Atienza said, “of course, it is possible to have allies within the Senate, especially some senators who do not wish to be branded as ‘lapdogs’ or ‘rubber stamps’ of the executive branch by certain segments of the public, particularly on controversial issues”.

For Iglesias, if other senators decided to become part of the minority, this might enhance their status as individual senators whose support would need to be wooed and sought rather than taken for granted by the ruling majority.

“It is not necessary to join the minority for that, however,” she said.

Senators would need to consider the downside. “It may be harder to muster support for sponsored legislation, for instance; they would also be passed over for key committee chairpersonships,” Iglesias said.

Tigno stressed that Marcos Jr. won by a substantial majority: “No one wants to go against that level of popular support.”

Not a simple fight

Atienza said the minority in the Senate and the House of Representatives is “important”.
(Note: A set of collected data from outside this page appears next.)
-- ===== src/Scoring/Backoffs.antt =====
-- internal/scoring/consumer.go: the waits between the attempts.
use ta_platform.Prelude.{
  ℕ, zero, suc, ◌-◌, ◌*◌, ◌^◌, ◌≤◌, ◌<◌, ◌≡◌, ap, ◌∙◌, arith, inl, inr, Bool-cases, pos, min_ℤ,
  mul64_exact, ltb_ℤ,
}
use Prim.Native.Nat.{min}
use native.Mathlib.Nat.{pow-suc}
use ta_platform.Scoring.{doubled, backoff}

power_pos : (n : ℕ) → 1 ≤ 2 ^ n
power_pos zero = omega arith
power_pos (suc n) = omega (arith, power_pos n)

power : (w n : ℕ) → (w * 2) * 2 ^ n ≡ w * 2 ^ suc n
power w n = grind (arith, pow-suc 2 n)

-- A wait that has reached the bound.
capped : (w k m : ℕ) → m ≤ w → 1 ≤ k → min_ℤ (pos w) (pos m) ≡ pos (min (w * k) m)
capped w k m h l = let big : w ≤ w * k = grind arith in ground arith

-- The wait doubles as long as it is below the bound, which a wait that is doubled keeps it below 2^63.
doubled-min :
    (n w m : ℕ)
    → 0 < w
    → m ≤ 2 ^ 62
    → min_ℤ (doubled n (pos w) (pos m)) (pos m) ≡ pos (min (w * 2 ^ n) m)
unfolding doubled
doubled-min zero w m h k = ground arith
doubled-min (suc n) w m h k = elim (Bool-cases (ltb_ℤ (pos w) (pos m))) [
  | inl below ↦
      let small : w * 2 < 2 ^ 63 = ground arith in
      let twice : (w * 2) * 2 ^ n ≡ w * 2 ^ suc n = power w n in
      rw below (
        ap (λ x. min_ℤ (doubled n x (pos m)) (pos m)) (mul64_exact w 2 small)
        ∙ (doubled-min n (w * 2) m (omega arith) k ∙ ap (λ x. pos (min x m)) twice))
  | inr enough ↦ rw enough (capped w (2 ^ suc n) m (ground arith) (power_pos (suc n)))
]

-- Where the base wait is positive and the bound at most 2^62 nanoseconds, the wait after an attempt
-- is the base doubled once for each attempt before it, or the bound if that is less; the products
-- do not wrap.
pub backoff-min :
    (base_backoff max_backoff attempt : ℕ)
    → 0 < base_backoff
    → max_backoff ≤ 2 ^ 62
    → backoff (pos base_backoff) (pos max_backoff) attempt
      ≡ pos (min (base_backoff * 2 ^ (attempt - 1)) max_backoff)
unfolding backoff
backoff-min b m attempt h k = doubled-min (attempt - 1) b m h k
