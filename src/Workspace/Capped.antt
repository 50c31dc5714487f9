-- ===== src/Workspace/Capped.antt =====
-- internal/candidateworkspace/run.go: the output that a run leaves in the event log.
use ta_platform.Prelude.{
  ℕ, zero, suc, ◌≤◌, ◌<◌, ◌⊎◌, ◌≡◌, refl, Bool, true, false, [], ◌∷◌, leb, ◌==◌, ==_iff, arith, inl,
  inr, Bool-cases, length, leb→le,
}
use ta_platform.Workspace.{
  Bytes, event_output_bytes, byte_at, rune_start, cut_back, take_bytes, cap_to, cap_output,
}

cut_back-le : (n : ℕ) (output : Bytes) → cut_back n output ≤ n
unfolding cut_back
cut_back-le zero output = omega arith
cut_back-le (suc n) output = ground (arith, cut_back-le n output)

length-take_bytes : (n : ℕ) (bs : Bytes) → length (take_bytes n bs) ≤ n
length-take_bytes zero bs = omega arith
length-take_bytes (suc n) [] = omega arith
length-take_bytes (suc n) (b ∷ bs) = omega (arith, length-take_bytes n bs)

cut_back-first :
    (n : ℕ) (output : Bytes)
    → (cut_back n output ≡ 0) ⊎ (rune_start (byte_at (cut_back n output) output) ≡ true)
unfolding cut_back
cut_back-first zero output = inl refl
cut_back-first (suc n) output = elim (Bool-cases (rune_start (byte_at (suc n) output))) [
  | inl first ↦ rw first (inr first)
  | inr inside ↦ rw inside (cut_back-first n output)
]

cut_back-greatest :
    (n k : ℕ) (output : Bytes)
    → cut_back n output < k
    → k ≤ n
    → rune_start (byte_at k output) ≡ false
unfolding cut_back
cut_back-greatest zero k output l h = absurd (omega arith)
cut_back-greatest (suc n) k output l h = elim (Bool-cases (rune_start (byte_at (suc n) output))) [
  | inl first ↦ absurd (too_far (suc n) k (rw first at l) h)
  | inr inside ↦ elim (Bool-cases (k == suc n)) [
    | inl last ↦ rw ((==_iff k (suc n)).0 last) inside
    | inr before ↦ cut_back-greatest n k output (rw inside at l) (ground arith)
  ]
]
  where
    too_far : (m k : ℕ) → m < k → k ≤ m → ⊥
    too_far m k l h = omega arith

-- A place where output may be cut: the greatest up to the limit at which a character starts, or 0.
abbrev pub IsCut : ℕ → Bytes → ℕ → Type 0
IsCut limit output n =
    (n ≤ limit)
    × ((n ≡ 0) ⊎ (rune_start (byte_at n output) ≡ true))
    × ((k : ℕ) → n < k → k ≤ limit → rune_start (byte_at k output) ≡ false)

cap_to_lem :
    (limit : ℕ) (output : Bytes) (truncated : Bool)
    → let (kept, cut) = cap_to limit output truncated in
      (length kept ≤ limit)
      × (leb (length output) limit ≡ true → (kept ≡ output) × (cut ≡ truncated))
      × (leb (length output) limit ≡ false
          → (cut ≡ true) × ((n : ℕ) × (kept ≡ take_bytes n output) × IsCut limit output n))
unfolding cap_to
cap_to_lem limit output truncated = elim (Bool-cases (leb (length output) limit)) [
  | inl fits ↦ rw fits (leb→le (length output) limit fits, λ h. (refl, refl), λ h. absurd (cc))
  | inr long ↦
      let cut = cut_back limit output in
      let bound = cut_back-le limit output in
      let short = length-take_bytes cut output in
      rw long (
        omega arith,
        λ h. absurd (cc),
        λ h. (
          refl,
          (
            cut,
            refl,
            (bound, cut_back-first limit output, λ k l m. cut_back-greatest limit k output l m),
          ),
        ),
      )
]

-- The output in the event log has at most 64 KiB. An output that fits is kept whole, with its mark.
-- Any other is marked as cut, and cut at the greatest place up to the limit at which a character
-- starts.
pub cap_output_lem :
    (output : Bytes) (truncated : Bool)
    → let (kept, cut) = cap_output output truncated in
      (length kept ≤ event_output_bytes)
      × (leb (length output) event_output_bytes ≡ true → (kept ≡ output) × (cut ≡ truncated))
      × (leb (length output) event_output_bytes ≡ false
          → (cut ≡ true)
            × ((n : ℕ) × (kept ≡ take_bytes n output) × IsCut event_output_bytes output n))
unfolding cap_output
cap_output_lem output truncated = cap_to_lem event_output_bytes output truncated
“While getting much smaller compared to previous Congresses, they are important fiscalizers who can represent other sectors, especially basic sectors that are now grossly underrepresented in both houses trapped under traditional politicians, elite economic interests, and political dynasties,” she said.

Looking back, Pia Cayetano said in 2008 that the minority in the Senate will frustrate renewed efforts by Malacañang and their allies in Congress to revise the 1987 Constitution to extend the presidency of Macapagal-Arroyo.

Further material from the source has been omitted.